Stored items from a collection
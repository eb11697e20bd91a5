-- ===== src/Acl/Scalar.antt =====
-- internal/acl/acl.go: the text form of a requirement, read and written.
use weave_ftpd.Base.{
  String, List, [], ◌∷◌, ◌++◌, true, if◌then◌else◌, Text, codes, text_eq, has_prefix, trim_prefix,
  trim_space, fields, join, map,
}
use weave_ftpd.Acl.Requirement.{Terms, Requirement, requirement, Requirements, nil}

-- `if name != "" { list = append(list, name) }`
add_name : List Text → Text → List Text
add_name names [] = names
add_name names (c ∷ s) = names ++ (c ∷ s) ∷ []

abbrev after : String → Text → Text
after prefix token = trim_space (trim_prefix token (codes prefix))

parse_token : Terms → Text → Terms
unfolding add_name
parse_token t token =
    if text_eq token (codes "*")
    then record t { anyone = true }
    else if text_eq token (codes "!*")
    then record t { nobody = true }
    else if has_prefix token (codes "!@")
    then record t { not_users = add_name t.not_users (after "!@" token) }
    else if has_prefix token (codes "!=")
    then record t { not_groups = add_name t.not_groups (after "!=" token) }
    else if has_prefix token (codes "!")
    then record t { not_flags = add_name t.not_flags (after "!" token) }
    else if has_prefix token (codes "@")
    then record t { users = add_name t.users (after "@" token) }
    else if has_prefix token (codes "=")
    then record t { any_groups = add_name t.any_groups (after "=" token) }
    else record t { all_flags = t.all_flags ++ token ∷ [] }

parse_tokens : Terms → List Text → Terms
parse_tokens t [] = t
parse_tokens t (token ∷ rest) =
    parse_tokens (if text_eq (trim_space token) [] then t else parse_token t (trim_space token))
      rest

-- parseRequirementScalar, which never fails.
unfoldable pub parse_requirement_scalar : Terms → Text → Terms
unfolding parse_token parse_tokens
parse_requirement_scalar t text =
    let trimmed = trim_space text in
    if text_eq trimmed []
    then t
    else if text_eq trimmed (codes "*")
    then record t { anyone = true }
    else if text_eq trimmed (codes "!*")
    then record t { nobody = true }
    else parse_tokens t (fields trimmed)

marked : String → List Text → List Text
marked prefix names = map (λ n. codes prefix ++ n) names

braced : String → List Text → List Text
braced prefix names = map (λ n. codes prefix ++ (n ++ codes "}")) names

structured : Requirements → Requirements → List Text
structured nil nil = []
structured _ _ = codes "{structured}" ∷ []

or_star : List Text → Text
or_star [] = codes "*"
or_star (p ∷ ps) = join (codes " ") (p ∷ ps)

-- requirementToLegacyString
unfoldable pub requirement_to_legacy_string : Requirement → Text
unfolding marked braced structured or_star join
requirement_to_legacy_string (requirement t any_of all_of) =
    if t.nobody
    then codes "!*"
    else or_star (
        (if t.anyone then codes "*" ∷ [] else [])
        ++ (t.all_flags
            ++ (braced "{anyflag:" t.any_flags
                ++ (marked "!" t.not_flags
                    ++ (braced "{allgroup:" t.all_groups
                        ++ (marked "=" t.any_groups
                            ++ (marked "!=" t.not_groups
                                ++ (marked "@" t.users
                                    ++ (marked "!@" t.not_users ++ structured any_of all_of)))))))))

▸ Try it
Note how many lines above hold "braced" and give that figure alone.

▸ Response to this task
5